Data for processing:
▼▼▼
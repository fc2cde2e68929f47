-- ===== src/OpenTimestamps/Steps.antt =====
-- The steps by which a written proof tree is read back.
use multi_log.Prelude.{
  ℕ, suc, ◌+◌, ◌≤◌, ◌<◌, ◌≡◌, refl, sym, ◌∙◌, ap, arith, false, inl, inr, List, [], ◌∷◌, ◌++◌,
  append-nil, append_assoc, ◌==◌, lt→ltb, le→ltb, Bytes, length, length-append, All,
}
use multi_log.Crypto.{Sha256}
use multi_log.OpenTimestamps.Reading.{Reader, got, read_byte}
use multi_log.OpenTimestamps.{
  Op, Digests, apply, serialize_op, Attestation, serialize_attestation, Timestamp, node, Edges,
  no_edges, edge,
}
use multi_log.OpenTimestamps.Branches.{
  IsOp, arg_bytes, deserialize_op-serialize_op, IsAttestation,
  deserialize_attestation-serialize_attestation,
}
use multi_log.OpenTimestamps.Tree.{
  message, edge_count, fork, serialize_attestations, serialize, serialize_edges, add_edge, one,
  deserialize_rest,
}

abbrev pub append_edges : Edges → Edges → Edges
append_edges no_edges es = es
append_edges (edge o child rest) es = edge o child (append_edges rest es)

pub append_edges-add_edge :
    (os : Edges) (o : Op) (child : Timestamp) (rest : Edges)
    → append_edges (add_edge o child os) rest ≡ append_edges os (edge o child rest)
append_edges-add_edge no_edges o child rest = refl
append_edges-add_edge (edge p c os) o child rest =
    ap (λ es. edge p c es) (append_edges-add_edge os o child rest)

-- No operation's tag reads as a fork or as an attestation.
pub tag_apart : (o : Op) → IsOp o → ((o.tag == 0xff) ≡ false) × ((o.tag == 0x00) ≡ false)
tag_apart o (inl (with_arg, _)) = ground arith
tag_apart o (inr (_, digest, _)) = ground arith

pub attestation_shape :
    (f xs ys zs : Bytes) (t : ℕ) → (f ++ t ∷ (xs ++ ys)) ++ zs ≡ f ++ t ∷ (xs ++ (ys ++ zs))
attestation_shape f xs ys zs t =
    append_assoc f (t ∷ (xs ++ ys)) zs ∙ ap (λ b. f ++ t ∷ b) (append_assoc xs ys zs)

pub edge_shape :
    (f op xs ys zs ws : Bytes) (t : ℕ)
    → op ≡ t ∷ xs
    → (f ++ (op ++ (ys ++ zs))) ++ ws ≡ f ++ t ∷ (xs ++ (ys ++ (zs ++ ws)))
edge_shape f op xs ys zs ws t split =
    ap (λ b. (f ++ (b ++ (ys ++ zs))) ++ ws) split
    ∙ attestation_shape f xs (ys ++ zs) ws t
    ∙ ap (λ b. f ++ t ∷ (xs ++ b)) (append_assoc ys zs ws)

module _ ⦃sha : Sha256⦄ ⦃d : Digests⦄ where
  -- The proof trees that reading can return: every node has a branch, every operation and attestation
  -- is one of the format, and a child's message is what its operation makes of the parent's.
  unfoldable mutual
    pub IsTimestamp : Timestamp → Type 0
    IsTimestamp (node msg atts ops) =
        All IsAttestation atts × (1 ≤ length atts + edge_count ops) × AreEdges msg ops

    pub AreEdges : Bytes → Edges → Type 0
    AreEdges msg no_edges = Unit {0}
    AreEdges msg (edge o child rest) =
        IsOp o × (message child ≡ apply o msg) × IsTimestamp child × AreEdges msg rest

  -- The recursive call of `deserializeTimestamp` with some rounds left.
  abbrev pub parse : ℕ → Bytes → Reader Timestamp
  parse rounds msg = deserialize_rest rounds (node msg [] no_edges)

  pub one_edge :
      (rounds : ℕ) (msg : Bytes) (atts : List Attestation) (os : Edges) (o : Op) (child : Timestamp)
      (more : Bytes)
      → IsOp o
      → parse rounds (apply o msg) (serialize child ++ more) ≡ got child more
      → one (parse rounds) (node msg atts os) o.tag (arg_bytes o ++ (serialize child ++ more))
        ≡ got (node msg atts (add_edge o child os)) more
  unfolding one
  one_edge rounds msg atts os o child more is_op read =
      let (_, op_read) = deserialize_op-serialize_op o (serialize child ++ more) is_op in
      rw ((tag_apart o is_op).1, one, op_read, read) refl

  pub one_attestation :
      (rounds : ℕ) (msg : Bytes) (atts : List Attestation) (os : Edges) (a : Attestation)
      (more : Bytes)
      → IsAttestation a
      → one (parse rounds) (node msg atts os) 0x00 (serialize_attestation a ++ more)
        ≡ got (node msg (atts ++ a ∷ []) os) more
  unfolding one
  one_attestation rounds msg atts os a more is_attestation =
      rw (deserialize_attestation-serialize_attestation a more is_attestation) refl

  pub deserialize_rest-last :
      (rounds tag : ℕ) (t : Timestamp) (b : Bytes)
      → (tag == 0xff) ≡ false
      → deserialize_rest (suc rounds) t (tag ∷ b) ≡ one (parse rounds) t tag b
  unfolding deserialize_rest read_byte
  deserialize_rest-last rounds tag t b apart = cc

  -- The last branch of a node, and a branch that others follow.
  pub branch_last :
      (rounds i total tag : ℕ) (t t' : Timestamp) (b more : Bytes)
      → (tag == 0xff) ≡ false
      → i + 1 ≡ total
      → one (parse rounds) t tag b ≡ got t' more
      → deserialize_rest (suc rounds) t (fork i total ++ tag ∷ b) ≡ got t' more
  branch_last rounds i total tag t t' b more apart last read =
      rw (le→ltb (i + 1) total (omega arith)) (deserialize_rest-last rounds tag t b apart ∙ read)

  pub branch_more :
      (rounds i total tag : ℕ) (t t' : Timestamp) (b more : Bytes)
      → i + 1 < total
      → one (parse rounds) t tag b ≡ got t' more
      → deserialize_rest (suc rounds) t (fork i total ++ tag ∷ b) ≡ deserialize_rest rounds t' more
  unfolding deserialize_rest read_byte
  branch_more rounds i total tag t t' b more follows read =
      rw (lt→ltb (i + 1) total follows, deserialize_rest, read) refl

  module _ (total i : ℕ) (o : Op) (child : Timestamp) (rest : Edges) (is_op : IsOp o) where
    -- The bytes of an edge and of those behind it.
    pub edge_bytes :
        (more : Bytes)
        → serialize_edges total i (edge o child rest) ++ more
          ≡ fork i total
            ++ o.tag
              ∷ (arg_bytes o ++ (serialize child ++ (serialize_edges total (i + 1) rest ++ more)))
    unfolding serialize serialize_edges
    edge_bytes more =
        edge_shape (fork i total) (serialize_op o) (arg_bytes o) (serialize child)
          (serialize_edges total (i + 1) rest) more o.tag (deserialize_op-serialize_op o [] is_op).0

    pub length-edge_bytes :
        length (serialize child) + length (serialize_edges total (i + 1) rest)
        < length (serialize_edges total i (edge o child rest))
    length-edge_bytes =
        let whole =
          ap (length {A = ℕ})
            (sym (append-nil (serialize_edges total i (edge o child rest))) ∙ edge_bytes []) in
        let behind : Bytes = serialize_edges total (i + 1) rest ++ [] in
        omega (
          arith,
          whole,
          length-append (fork i total) (o.tag ∷ (arg_bytes o ++ (serialize child ++ behind))),
          length-append (arg_bytes o) (serialize child ++ behind),
          length-append (serialize child) behind,
          length-append (serialize_edges total (i + 1) rest) [],
        )

  pub append_edges-none : (os : Edges) → append_edges os no_edges ≡ os
  append_edges-none no_edges = refl
  append_edges-none (edge o child os) = ap (λ es. edge o child es) (append_edges-none os)

  pub no_edges_bytes :
      (total i : ℕ) (more : Bytes) → serialize_edges total i no_edges ++ more ≡ more
  unfolding serialize serialize_edges
  no_edges_bytes total i more = refl

  module _ (total i : ℕ) (a : Attestation) (atts : List Attestation) where
    pub attestation_bytes :
        (more : Bytes)
        → serialize_attestations total i (a ∷ atts) ++ more
          ≡ fork i total
            ++ 0x00
              ∷ (serialize_attestation a ++ (serialize_attestations total (i + 1) atts ++ more))
    unfolding serialize_attestations
    attestation_bytes more =
        attestation_shape (fork i total) (serialize_attestation a)
          (serialize_attestations total (i + 1) atts) more 0x00

    pub length-attestation_bytes :
        length (serialize_attestations total (i + 1) atts)
        < length (serialize_attestations total i (a ∷ atts))
    length-attestation_bytes =
        let whole =
          ap (length {A = ℕ})
            (sym (append-nil (serialize_attestations total i (a ∷ atts))) ∙ attestation_bytes []) in
        let behind : Bytes = serialize_attestations total (i + 1) atts ++ [] in
        omega (
          arith,
          whole,
          length-append (fork i total) (0 ∷ (serialize_attestation a ++ behind)),
          length-append (serialize_attestation a) behind,
          length-append (serialize_attestations total (i + 1) atts) [],
        )

  pub no_attestation_bytes :
      (total i : ℕ) (more : Bytes) → serialize_attestations total i [] ++ more ≡ more
  unfolding serialize_attestations
  no_attestation_bytes total i more = refl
▲▲▲
Your instructions:
Search the listing above for the lines with "Edges) (a : Attestation)" and "one_attestation rounds msg", then output those lines and all lines between them exactly.

Answer for this exercise:
      (rounds : ℕ) (msg : Bytes) (atts : List Attestation) (os : Edges) (a : Attestation)
      (more : Bytes)
      → IsAttestation a
      → one (parse rounds) (node msg atts os) 0x00 (serialize_attestation a ++ more)
        ≡ got (node msg (atts ++ a ∷ []) os) more
  unfolding one
  one_attestation rounds msg atts os a more is_attestation =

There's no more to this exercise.